Uma das críticas de Cavalcanti a Hollywood era a divulgação, que o ambiente holywoodesco inspirava, de fazer publicidade de sua gente envolvida em divórcios exibicionistas, destacando casos de polícia por causa de drogas e brigas - isto é, degradando o mais possível o modo de vida na capital do cinema. E Sergio Caldieri assinala: "Cavalcanti achava que Hollywood sempre estava muito longe da aristocracia do cinema inglês, e ainda mais longe do primitivo teatro grego, quando os atores eram sacerdotes".
Como exemplos do teatro e do cinema na Inglaterra, Cavalcanti chamava a atenção para a tradição inglesa que enobrecia seus grandes atores, tornando-os mais respeitados e prestigiados pelo público.
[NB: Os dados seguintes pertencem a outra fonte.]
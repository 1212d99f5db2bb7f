-- ===== src/Queue/Steps.antt =====
-- The parts of the queue operations, at a state whose positions lie at slots.
use zinfo_tech.Base.{
  ℕ, suc, ◌+◌, ◌*◌, ◌≤◌, ◌<◌, ◌≡◌, refl, ap, ◌∙◌, true, false, Option, none, some, List, [], ◌∷◌,
  ◌++◌, arith, ok, mem_insufficient, inc32, ==_refl,
}
use zinfo_tech.Base.Int.{
  pos, ltb_ℤ, leb_ℤ, eqb_ℤ, ◌+ℤ◌, ◌-ℤ◌, add_pos, sub_pos, sub_pos_neg, eqb_pos,
}
use zinfo_tech.Queue.{
  Chunk, Queue, read, store_end, store_begin, advance_end, retreat_begin, step_begin, retreat_end,
  take_chunk, write_end, write_begin, drop_last, last_chunk, drop_begin_chunk, drop_end_chunk,
}
use zinfo_tech.Queue.Slots.{mul_lt, mul_le, mul_ne}

-- The state with the values at slots `i` to `j`, of chunks with `n` slots of `w` bytes.
abbrev pub state : {A : Type 0} → ℕ → ℕ → List (Chunk A) → Option (Chunk A) → ℕ → ℕ → ℕ → Queue A
state n w cs spare size i j = record {
  chunks = cs;
  spare_chunk = spare;
  size = size;
  begin_pos = pos (i * w);
  end_pos = pos (j * w);
  chunk_size = n;
  value_size = w;
  chunk_length = n * w;
}

-- A slot's bytes lie within the chunk.
pub slot_low : (j w : ℕ) → leb_ℤ (pos 0) (pos (j * w)) ≡ true
slot_low j w = ground arith

slot_high : (j n w : ℕ) → j < n → leb_ℤ (pos (j * w) +ℤ pos w) (pos (n * w)) ≡ true
slot_high j n w h = let k : (j + 1) * w ≤ n * w = mul_le (j + 1) n w (omega arith) in ground arith

slot_next : (j w : ℕ) → pos (j * w) +ℤ pos w ≡ pos ((j + 1) * w)
slot_next j w = add_pos (j * w) w ∙ ap pos (omega arith)

slot_prev : (j w : ℕ) → pos (suc j * w) -ℤ pos w ≡ pos (j * w)
slot_prev j w = sub_pos (suc j * w) w (omega arith) ∙ ap pos (omega arith)

pub slot_zero : (w : ℕ) → pos (0 * w) ≡ pos 0
slot_zero w = ap pos (omega arith)

slot_before_zero : (w : ℕ) → 0 < w → ltb_ℤ (pos (0 * w) -ℤ pos w) (pos 0) ≡ true
slot_before_zero w h = sub_pos_neg (0 * w) w (omega arith)

module _ {A : Type 0} (n w : ℕ) (cs : List (Chunk A)) (spare : Option (Chunk A)) (s : ℕ) where
  pub read-slot :
      (c : Chunk A) (i j k : ℕ)
      → k < n
      → read (state n w cs spare s i j) (some c) (pos (k * w)) ≡ some (c.value (k * w))
  unfolding read
  read-slot c i j k h = rw (slot_low k w, slot_high k n w h)

  pub store_end-slot :
      (i j : ℕ) (v : A)
      → j < n
      → store_end (state n w cs spare s i j) v
        ≡ some (state n w (write_end cs (j * w) v) spare s i j)
  unfolding store_end
  store_end-slot i j v h = rw (slot_low j w, slot_high j n w h)

  pub store_begin-slot :
      (i j : ℕ) (v : A)
      → i < n
      → store_begin (state n w cs spare s i j) v
        ≡ some (state n w (write_begin cs (i * w) v) spare s i j)
  unfolding store_begin
  store_begin-slot i j v h = rw (slot_low i w, slot_high i n w h)

  module _ (zeros : A) (mem : Option ℕ) where
    pub advance_end-room :
        (i j : ℕ)
        → 0 < w
        → j + 1 < n
        → advance_end zeros mem (state n w cs spare s i j)
          ≡ (ok, state n w cs spare (inc32 s) i (j + 1))
    unfolding advance_end
    advance_end-room i j hw h =
        let k : (j + 1) * w < n * w = mul_lt (j + 1) n w hw h in
        let t : ltb_ℤ (pos ((j + 1) * w)) (pos (n * w)) ≡ true = ground arith in rw (slot_next, t)

    full_test : (j : ℕ) → j + 1 ≡ n → ltb_ℤ (pos ((j + 1) * w)) (pos (n * w)) ≡ false
    full_test j h = rw (← h) (ground arith)

    pub advance_end-full :
        (i j : ℕ) {c : Chunk A}
        → j + 1 ≡ n
        → take_chunk zeros mem (state n w cs spare s i j) ≡ some c
        → advance_end zeros mem (state n w cs spare s i j)
          ≡ (ok, state n w (cs ++ (c ∷ [])) none (inc32 s) i 0)
    unfolding advance_end
    advance_end-full i j h t = rw (slot_next, full_test j h, t, slot_zero)

    -- Without a chunk the position stays at the end of the full chunk.
    pub advance_end-fail :
        (i j : ℕ)
        → j + 1 ≡ n
        → take_chunk zeros mem (state n w cs spare s i j) ≡ none
        → advance_end zeros mem (state n w cs spare s i j)
          ≡ (mem_insufficient, state n w cs none s i (j + 1))
    unfolding advance_end
    advance_end-fail i j h t = rw (slot_next, full_test j h, t, slot_next)

    pub retreat_begin-room :
        (i j : ℕ)
        → retreat_begin zeros mem (state n w cs spare s (suc i) j) ≡ (ok, state n w cs spare s i j)
    unfolding retreat_begin
    retreat_begin-room i j =
        let t : ltb_ℤ (pos (i * w)) (pos 0) ≡ false = ground arith in rw (slot_prev, t)

    pub retreat_begin-grow :
        (i j : ℕ) {c : Chunk A}
        → 0 < w
        → suc i ≡ n
        → take_chunk zeros mem (state n w cs spare s 0 j) ≡ some c
        → retreat_begin zeros mem (state n w cs spare s 0 j) ≡ (ok, state n w (c ∷ cs) none s i j)
    unfolding retreat_begin
    retreat_begin-grow i j hw h t =
        let e : pos (n * w) -ℤ pos w ≡ pos (i * w) = rw (← h) (slot_prev i w) in
        rw (slot_before_zero w hw, t, e)

  pub step_begin-room :
      (i j : ℕ)
      → 0 < w
      → i + 1 < n
      → step_begin (state n w cs spare s i j) ≡ some (state n w cs spare s (i + 1) j)
  unfolding step_begin
  step_begin-room i j hw h =
      let t : eqb_ℤ (pos ((i + 1) * w)) (pos (n * w)) ≡ false =
        eqb_pos _ _ ∙ mul_ne (i + 1) n w hw h in
      rw (slot_next, t)

  pub retreat_end-room :
      (i j : ℕ) → retreat_end (state n w cs spare s i (suc j)) ≡ some (state n w cs spare s i j)
  unfolding retreat_end
  retreat_end-room i j =
      let t : ltb_ℤ (pos (j * w)) (pos 0) ≡ false = ground arith in rw (slot_prev, t)

module _ {A : Type 0} where
  pub some-last_chunk :
      (d : Chunk A) (r : List (Chunk A)) → (e : Chunk A) × (last_chunk (d ∷ r) ≡ some e)
  unfolding last_chunk
  some-last_chunk d [] = (d, refl)
  some-last_chunk d (e ∷ r) = some-last_chunk e r

  pub some-last-drop :
      (c d : Chunk A) (r : List (Chunk A))
      → (e : Chunk A) × (last_chunk (drop_last (c ∷ d ∷ r)) ≡ some e)
  unfolding drop_last
  some-last-drop c d [] = some-last_chunk c []
  some-last-drop c d (e ∷ r) = some-last_chunk c (drop_last (d ∷ e ∷ r))

module _ {A : Type 0} (n w : ℕ) (c d : Chunk A) (r : List (Chunk A)) (spare : Option (Chunk A))
    (s : ℕ) where
  pub step_begin-drop :
      (i j : ℕ)
      → i + 1 ≡ n
      → step_begin (state n w (c ∷ d ∷ r) spare s i j) ≡ some (state n w (d ∷ r) (some c) s 0 j)
  unfolding step_begin drop_begin_chunk
  step_begin-drop i j h =
      let t : eqb_ℤ (pos ((i + 1) * w)) (pos (n * w)) ≡ true = rw (← h) (eqb_pos _ _ ∙ ==_refl _) in
      rw (slot_next, t, slot_zero)

  pub retreat_end-drop :
      (i j : ℕ)
      → 0 < w
      → suc j ≡ n
      → retreat_end (state n w (c ∷ d ∷ r) spare s i 0)
        ≡ some (state n w (drop_last (c ∷ d ∷ r)) (last_chunk (d ∷ r)) s i j)
  unfolding retreat_end drop_end_chunk last_chunk
  retreat_end-drop i j hw h =
      let e : pos (n * w) -ℤ pos w ≡ pos (j * w) = rw (← h) (slot_prev j w) in
      rw (slot_before_zero w hw, (some-last-drop c d r).1, e)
Assim, receberam o título de "Sir" os atores Sir Laurence Olivier, Sir Ralph Richardson, Sir Cedric Hardwyck e, para atrizes, o título de "Dame" como Dame Sybil Thomdyke.
"Alberto Cavalcanti, o cineasta do mundo", é um lançamento da Editora Teatral Limitada. Diagramação de Maria Guadagno e Anderson de Assis, revisão de Simone de Oliveira, capa de Marcel Verthein e Kiko Friedman.